Singletrack ahead...










Este sendero es lindo yendo cuesta bajo, pero hacia arriba... huesta un cuevo.










Mas singletrack... aca es la mejor epoca del año para rodar!



















Como siempre con los descensos, no se aprecia lo empinado en la foto.























































Clavo contra llanta, adivinen quien gano...










Pinche clavo basicamente engrapo la llanta de fondo a costado de fea manera.
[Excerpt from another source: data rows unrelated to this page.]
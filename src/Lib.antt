-- ===== src/Lib.antt =====
-- A model of jettison-controller: how it turns a Flow resource into the resources of the cluster, by
-- preprocessing, the Argo CD applications, the Sensor with its workflow, the event source that
-- configures webhooks and the settings of the repository; the reconciler that keeps these in line; and
-- the watcher that sends them to the connections of the web server.
--
-- A flow holds messages for its triggers and steps. `PreProcessFlow` parses them, applies defaults and
-- validates them. The reconciler passes the triggers and steps to builders: `BuildArgoApps` makes the
-- Argo CD projects and applications of the deploy steps, and `BuildSensor` makes the sensor, whose
-- workflow has a task for each trigger and for each step. The tasks refer to templates of one cluster
-- workflow template, which a start-up loop keeps in the cluster. `mergeOwnedRepos` adds the repository of
-- a flow to the one event source of all flows.
--
-- Files and the code that they model, from the repository's root:
--
--   GitUtil                 internal/gitutil/gitutil.go: GetRepoOrgName, GetSourceRepoGlob
--   Json, Flow/Decode       how encoding/json fills the structs of api/v1alpha1
--   Flow                    api/v1alpha1/flow_types.go, trigger_types.go, step_types.go
--   Flow/Parser             api/v1alpha1/flow_parser.go
--   Flow/Defaulter          api/v1alpha1/flow_defaulter.go
--   Flow/Validator          api/v1alpha1/flow_validator.go
--   Flow/Processor          api/v1alpha1/flow_processor.go
--   Apps                    internal/controller/appbuilder/app_builder.go
--   EventSources            internal/controller/eventsourcebuilder/eventsource_builder.go, and of
--                           internal/controller/flow_controller.go getTriggerRepoName, getTriggerRepoUrl
--                           and mergeOwnedRepos
--   Templates, Templates/*  internal/workflowtemplates/workflowtemplates.go, the templates
--   Sensor                  internal/controller/sensorbuilder: the map of steps
--   Sensor/Events           sensor_dependencies.go
--   Sensor/Parameters       sensor_trigger_parameters.go
--   Sensor/Dependency       sensor_trigger_tasks.go: getDockerfilePathDependency
--   Sensor/Fields           sensor_trigger_tasks.go: getDockerfileDir, getWhen, getDepends, getArtifactKey
--   Sensor/Tasks            sensor_trigger_tasks.go: getInitialDAGTasks, getFinalDAGTask; its children
--                           Inline and Steps: getWorkflowTemplateDAGTasks
--   Sensor/Builder          sensor_triggers.go, sensor_builder.go
--   RepoSettings            internal/controller/ghsettings/ghsettings.go: the wanted settings; its
--                           children Fix, the comparisons, and Client, SyncGitHubSettingsForRepo
--   Reconciler              internal/controller/eventbusbuilder, pvcbuilder and rbacbuilder, and the
--                           clients and maps of FlowReconciler; its children Sync, Namespace and Flows:
--                           Reconcile of internal/controller/flow_controller.go, and setCondition of
--                           internal/controller/flow_conditions.go
--   Watcher                 internal/webserver/webconn.go, webmessage.go and weberror.go; its children
--                           Loop, Objects and Initial: internal/webserver/flow_watcher.go
--   Watcher/Reader          the same file: readConn; and the handlers of its messages in
--                           container_log_message_handler.go, resource_subscription_message_handler.go,
--                           sync_application_message_handler.go and retry_rollout_message_handler.go
--   Watcher/Race            flow_watcher.go: the goroutines of one connection, step by step
--   ContainerLogs           internal/webserver/container_log_message_handler.go: the loop of
--                           streamLogLines
--   ArgoSync                internal/webserver/argosync/argosync.go
--
-- Common and Text have what the files share: lists, results, and the functions of Go's strings and
-- path/filepath packages that the code calls. Modules named Laws and those beside them hold proofs, and
-- Tests the runs on concrete inputs.
--
-- How the code is read:
--
--   * A function that returns an error is one into `Result`, which is a value, an error or a panic. A
--     nil pointer that is followed, a method of a nil interface and an index out of range give a
--     panic. An error keeps its kind, and not the words of its message.
--   * A type switch is a match on a data type. The types of triggers and steps are those that the parser
--     makes, so the default branches of the switches, for other types, have no counterpart.
--   * Strings are lists of bytes. Letters and spaces, for ToLower and TrimSpace, are those of ASCII.
--   * JSON is a tree: the reading of bytes is not modelled. How encoding/json matches keys, leaves fields
--     alone and fails is written out for the types of the program. Kubernetes volumes are read by the
--     parameter `VolumeCodec`, and a workflow is marshaled by the parameter `marshal`; both stand for
--     code that is not in the repository, and the model relies on nothing but, in one theorem, that
--     marshaling does not panic.
--   * A map is an association list with the newest entry in front.
--   * The search along dependencies has fuel: the length of the first queue and the dependencies of all
--     steps in the map. Each name adds its dependencies to the queue only once, so that is as many rounds
--     as there can be.
--   * The deadline of a flow is an integer without a bound; the code stores it in an int64 and only
--     compares it with nil.
--   * The clients of Kubernetes, GitHub and Argo CD are parameters: records of calls that pass the state
--     of the service on and may fail (Common/Actions). A theorem says what it relies on of them.
--     `equality.Semantic.DeepDerivative`, SetControllerReference and SetStatusCondition are parameters
--     too.
--   * A map that is used as a set is the list of its keys. The order in which Go walks a map is not
--     fixed; what is said of such a walk is said for each key.
--   * In Watcher/Loop a round of the loop is one step: a send has the result `done`, `blocked` or
--     `panics`, and each connection's writer is ready to receive. Watcher/Race drops that for one
--     connection: a `Turn` is a step of one goroutine, and the turns come in any order.
--   * In ContainerLogs slices share arrays, as in Go: a message has the lines that are in its memory when
--     the writer encodes it. The capacity that a full slice gets is a parameter.
--   * Lines that are written to the program's own log, closing streams and connections, and the text of errors that are only logged
--     have no counterpart.
--
-- Not modelled: of the watcher setupWatcher, which registers the handlers; the HTTP server; the database of workflows; the making
-- of clients; and the start-up code.

pub mod Common
pub mod Text
pub mod GitUtil
pub mod Json
pub mod Flow
pub mod Apps
pub mod ArgoSync
pub mod ContainerLogs
pub mod EventSources
pub mod Reconciler
pub mod RepoSettings
pub mod Sensor
pub mod Templates
pub mod Watcher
Nada que un par de parches no reparen... pero lo bueno que paso ya a 100 mts de donde estacione el auto.










Un abrazo a todos!!


----------



## crisillo (Jul 3, 2004)

buen ride!

yo no rode este fin de semana...no paró de llover 

pero hoy paró..así que rodé un poco!


----------



## DrF035 (Aug 16, 2007)

Warp:
Ese single track se ve fantastico, ideal para una bici precisa y agil como tu SB.:thumbsup: 
El cielo azul y día soleado, en diciembre, que bendicion vivir en Mexico. 
Cuando veo las fotos de nuestros amigos del norte, que ahorita esta todo nevado y se estan congelando y salen disque a rodar en el hielo, agradezco de vivir aqui 
Ya ven amigos de Mexico aqui no todo esta mal:eekster:


----------



## DrF035 (Aug 16, 2007)

Crisillo:
Que buen ride nocturno, para mi no hay nada mas emocionante que rodar de noche en medio de la naturaleza, ahi es cuando tu espiritu realmente se conecta con la madre tierra.
A que reccorrido traes tu Revolution?
Felicidades tu Saltamontes esta SUPER.
No extrañas tu 575?
Sientes superioridad en el desempeño de tus Ventanas?
Saludos y Pura Vida para Tí.


----------



## Warp (May 24, 2004)

DrF035 said:


> Warp:
> Ese single track se ve fantastico, ideal para una bici precisa y agil como tu SB.:thumbsup:
> El cielo azul y día soleado, en diciembre, que bendicion vivir en Mexico.
> Cuando veo las fotos de nuestros amigos del norte, que ahorita esta todo nevado y se estan congelando y salen disque a rodar en el hielo, agradezco de vivir aqui
> Ya ven amigos de Mexico aqui no todo esta mal:eekster:


O peor... Como Cris que no le neva pero le llueve con mucho frio... :nono: :nono:

Cada dia me enamoro mas de mi Switchblade. Es muy buena bici. Cuando me estaba entrando la onda FR (inches chamacos me andaban sonzacando), pues claro que sentia que necesitaba otra cleta.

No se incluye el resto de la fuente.